## Working data
=== Begin Enclosure ===

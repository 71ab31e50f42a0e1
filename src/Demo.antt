-- ===== src/Demo.antt =====
-- packages/dogos_demo: identity gate, plan, command execution and sessions of the two dogs.
pub mod Models
pub mod Identity
pub mod Session
pub mod Plan
pub mod World
pub mod Adapters
pub mod Persistence
pub mod Executor
pub mod PairMemory
pub mod Coordinator
pub mod Encounter
pub mod PairConnection
mod Tests
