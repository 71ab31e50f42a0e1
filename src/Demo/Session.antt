-- ===== src/Demo/Session.antt =====
-- packages/dogos_demo/session_models.py: commands, receipts, reports and session summaries. What a
-- constructor accepts is a Boolean test on the value; the code raises ValidationError where it is
-- false.
use dogos_memory.Base.{
  Bool, List, Option, Text, [], all, false, if◌then◌else◌, is_some, leb, length, not, text_eq, true,
  ℕ, ◌&&◌, ◌++◌, ◌+◌, ◌==◌, ◌||◌, ◌∷◌,
}
use dogos_memory.Demo.Models.{IdentityDecision}
use dogos_memory.Memory.Models.{Mode, StoreError, fits, is_empty, max_timestamp}

pub data ActionName : Type 0 where
  outgoing_greeting cautious_reply familiar_greeting warm_reply : ActionName

pub data ReceiptStatus : Type 0 where
  completed service_acknowledged failed cancelled : ReceiptStatus

pub data CompletionSource : Type 0 where
  robot_feedback operator simulation : CompletionSource

pub data SessionStatus : Type 0 where
  completed aborted : SessionStatus

pub data AbortReason : Type 0 where
  identity_not_confirmed stop_requested service_unconfirmed action_failed : AbortReason
  action_cancelled routing_conflict completion_source_mismatch persistence_pending : AbortReason

pub record ActionCommand : Type 0 where
  pub command_id : Text
  pub session_id : Text
  pub step : ℕ
  pub actor_id : Text
  pub target_id : Text
  pub adapter_id : Text
  pub action : ActionName
  pub issued_at_ms : ℕ
  pub memory_reference_id : Option Text

-- `[A-Za-z0-9]`, and `[A-Za-z0-9._-]`
abbrev is_alnum : ℕ → Bool
is_alnum c = (leb b'0' c && leb c b'9') || (leb b'A' c && leb c b'Z') || (leb b'a' c && leb c b'z')

abbrev pub is_session_char : ℕ → Bool
is_session_char c = is_alnum c || c == b'.' || c == b'_' || c == b'-'

abbrev starts_alnum : Text → Bool
starts_alnum [] = false
starts_alnum (c ∷ cs) = is_alnum c

-- `SessionIdentifier`
unfoldable pub is_session_identifier : Text → Bool
is_session_identifier t = fits 1 100 (length t) && starts_alnum t && all is_session_char t

abbrev pub slash : ℕ
slash = b'/'

-- `str(step)` for the steps 1 and 2 that a command may have
abbrev pub digit : ℕ → ℕ
digit n = b'0' + n

-- `f"{session_id}/{actor_id}/{step}"`
unfoldable pub command_id_of : Text → Text → ℕ → Text
command_id_of session actor step = session ++ (slash ∷ (actor ++ (slash ∷ digit step ∷ [])))

-- the fields and `check_command_contract`
unfoldable pub check_command : ActionCommand → Bool
unfolding command_id_of is_session_identifier
check_command c =
    fits 1 400 (length c.command_id)
    && is_session_identifier c.session_id
    && fits 1 2 c.step
    && leb c.issued_at_ms max_timestamp
    && not (text_eq c.actor_id c.target_id)
    && text_eq c.command_id (command_id_of c.session_id c.actor_id c.step)

pub record ActionReceipt : Type 0 where
  pub status : ReceiptStatus
  pub command_id : Text
  pub adapter_id : Text
  pub occurred_at_ms : ℕ
  pub source : Option CompletionSource
  pub detail : Text

abbrev is_completed_receipt : ReceiptStatus → Bool
is_completed_receipt ReceiptStatus.completed = true
is_completed_receipt _ = false

-- `check_receipt_contract`, and the bounds of the fields
unfoldable pub check_receipt : ActionReceipt → Bool
check_receipt r =
    leb r.occurred_at_ms max_timestamp
    && fits 1 1000 (length r.detail)
    && (if is_completed_receipt r.status then is_some r.source else not (is_some r.source))

pub record DogMemoryView : Type 0 where
  pub dog_id : Text
  pub peer_id : Text
  pub affinity : ℕ
  pub familiar : Bool
  pub latest_memory_id : Option Text

pub record PairSnapshot : Type 0 where
  pub mode : Mode
  pub cautious : DogMemoryView
  pub outgoing : DogMemoryView

pub record PersistenceIssue : Type 0 where
  pub owner_id : Text
  pub code : StoreError

pub record CommandReport : Type 0 where
  pub command : ActionCommand
  pub receipt : ActionReceipt
  pub replayed : Bool
  pub persisted_owner_ids : List Text
  pub persistence_issues : List PersistenceIssue

pub record SessionSummary : Type 0 where
  pub session_id : Text
  pub status : SessionStatus
  pub abort_reason : Option AbortReason
  pub identity : IdentityDecision
  pub initiator_id : Option Text
  pub before : PairSnapshot
  pub after : PairSnapshot
  pub commands : List CommandReport

abbrev pub is_persisted : CommandReport → Bool
is_persisted r = is_completed_receipt r.receipt.status && is_empty r.persistence_issues

abbrev session_valid : SessionStatus → SessionSummary → Bool
session_valid SessionStatus.completed s =
    not (is_some s.abort_reason)
    && is_some s.initiator_id
    && length s.commands == 2
    && all is_persisted s.commands
session_valid aborted s = is_some s.abort_reason && leb (length s.commands) 2

-- the field `session_id` and `check_session_contract`
unfoldable pub check_session : SessionSummary → Bool
check_session s = is_session_identifier s.session_id && session_valid s.status s
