-- ===== src/Demo/World.antt =====
-- What a session works on: the two memory files, the adapters' dispatches and the clock. A call
-- that raises leaves what it has written, so the world comes back beside an error too.
pub mod Keeps
use dogos_memory.Base.{List, Result, Text, err, ok, ℕ}
use dogos_memory.Demo.Models.{DemoConfig, DemoError, DogConfig, store_error}
use dogos_memory.Demo.Session.{ActionCommand, ActionReceipt}
use dogos_memory.Memory.Database.{Database, Store}

-- `StoreBinding` of persistence.py: the dog, and the owner of the store that is bound to it
pub record StoreBinding : Type 0 where
  pub dog : DogConfig
  pub owner_id : Text

-- An `ActionAdapter` of adapters.py. Its answer may depend on every command dispatched before, and it
-- may raise.
pub record ActionAdapter : Type 0 where
  pub adapter_id : Text
  pub respond : List ActionCommand → ActionCommand → Result DemoError ActionReceipt

-- The parts that a `DemoRuntime` wires together, and the clock as its successive readings.
pub record Runtime : Type 0 where
  pub config : DemoConfig
  pub binding_0 : StoreBinding
  pub binding_1 : StoreBinding
  pub adapter_0 : ActionAdapter
  pub adapter_1 : ActionAdapter
  pub clock : ℕ → ℕ

pub record World : Type 0 where
  pub db_0 : Database
  pub db_1 : Database
  -- the commands handed to adapters, the last one first
  pub dispatched : List ActionCommand
  -- how often the clock was read
  pub readings : ℕ

abbrev pub Action : Type 0 → Type 0
Action A = World → Result DemoError A × World

module _ {A : Type 0} where
  abbrev pub pure : A → Action A
  pure a w = (ok a, w)

  abbrev pub raise : DemoError → Action A
  raise e w = (err e, w)

  abbrev pub lift : Result DemoError A → Action A
  lift r w = (r, w)

-- the rest of an action, after what its first part came to
abbrev pub go_on :
    {A B : Type 0} → (A → Action B) → Result DemoError A × World → Result DemoError B × World
go_on f (ok a, w) = f a w
go_on f (err e, w) = (err e, w)

infixl 5 ◌>>=◌ ◌>>◌
abbrev pub ◌>>=◌ : {A B : Type 0} → Action A → (A → Action B) → Action B
◌>>=◌ m f w = go_on f (m w)

abbrev pub ◌>>◌ : {B : Type 0} → Action Unit → Action B → Action B
m >> k = m >>= λ _. k

-- a `StoreError` that no handler catches
abbrev pub from_store : {A : Type 0} → Store A → Result DemoError A
from_store (ok a) = ok a
from_store (err e) = err (store_error e)
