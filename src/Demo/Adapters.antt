-- ===== src/Demo/Adapters.antt =====
-- packages/dogos_demo/adapters.py: the adapters without hardware. What they keep of earlier dispatches,
-- the trace of the simulation, is the list of commands that the world counts.
use dogos_memory.Base.{
  Bool, List, Result, Text, codes, err, false, if◌then◌else◌, none, ok, some, true,
}
use dogos_memory.Demo.Models.{DemoError, validation_error}
use dogos_memory.Demo.Session.{
  ActionCommand, ActionReceipt, CommandReport, CompletionSource, ReceiptStatus, check_receipt,
  service_acknowledged,
}
use dogos_memory.Demo.World.{ActionAdapter}

-- `SimulationAdapter.execute`
unfoldable pub simulate : Text → ActionCommand → ActionReceipt
simulate adapter_id c = record {
  status = ReceiptStatus.completed;
  command_id = c.command_id;
  adapter_id = adapter_id;
  occurred_at_ms = c.issued_at_ms;
  source = some CompletionSource.simulation;
  detail = codes "software simulation completed; physical effect not claimed";
}

-- `ServiceAcknowledgementAdapter.execute`
unfoldable pub acknowledge : Text → ActionCommand → ActionReceipt
acknowledge adapter_id c = record {
  status = service_acknowledged;
  command_id = c.command_id;
  adapter_id = adapter_id;
  occurred_at_ms = c.issued_at_ms;
  source = none;
  detail = codes "service acknowledged request; physical completion unverified";
}

-- the constructor call `ActionReceipt(...)`
abbrev received : ActionReceipt → Result DemoError ActionReceipt
received r = if check_receipt r then ok r else err validation_error

unfoldable pub simulation_adapter : Text → ActionAdapter
simulation_adapter id = record { adapter_id = id; respond = λ before c. received (simulate id c) }

unfoldable pub acknowledgement_adapter : Text → ActionAdapter
acknowledgement_adapter id = record {
  adapter_id = id;
  respond = λ before c. received (acknowledge id c);
}

-- `StopToken.should_stop` after a request, and `NeverStop.should_stop`
abbrev pub stop_requested_at_once : List CommandReport → Bool
stop_requested_at_once reports = true

abbrev pub never_stop : List CommandReport → Bool
never_stop reports = false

=== End Enclosure ===

## Work task
Up to and including the line that contains "identity_not_confirmed stop_requested service_unconfirmed", restate each line of the material above word for word, beginning with its first line.

## Answer below
repository 71ab31e50f42a0e1
filename src/Demo.antt
-- ===== src/Demo.antt =====
-- packages/dogos_demo: identity gate, plan, command execution and sessions of the two dogs.
pub mod Models
pub mod Identity
pub mod Session
pub mod Plan
pub mod World
pub mod Adapters
pub mod Persistence
pub mod Executor
pub mod PairMemory
pub mod Coordinator
pub mod Encounter
pub mod PairConnection
mod Tests
repository 71ab31e50f42a0e1
filename src/Demo/Session.antt
-- ===== src/Demo/Session.antt =====
-- packages/dogos_demo/session_models.py: commands, receipts, reports and session summaries. What a
-- constructor accepts is a Boolean test on the value; the code raises ValidationError where it is
-- false.
use dogos_memory.Base.{
  Bool, List, Option, Text, [], all, false, if◌then◌else◌, is_some, leb, length, not, text_eq, true,
  ℕ, ◌&&◌, ◌++◌, ◌+◌, ◌==◌, ◌||◌, ◌∷◌,
}
use dogos_memory.Demo.Models.{IdentityDecision}
use dogos_memory.Memory.Models.{Mode, StoreError, fits, is_empty, max_timestamp}

pub data ActionName : Type 0 where
  outgoing_greeting cautious_reply familiar_greeting warm_reply : ActionName

pub data ReceiptStatus : Type 0 where
  completed service_acknowledged failed cancelled : ReceiptStatus

pub data CompletionSource : Type 0 where
  robot_feedback operator simulation : CompletionSource

pub data SessionStatus : Type 0 where
  completed aborted : SessionStatus

pub data AbortReason : Type 0 where
  identity_not_confirmed stop_requested service_unconfirmed action_failed : AbortReason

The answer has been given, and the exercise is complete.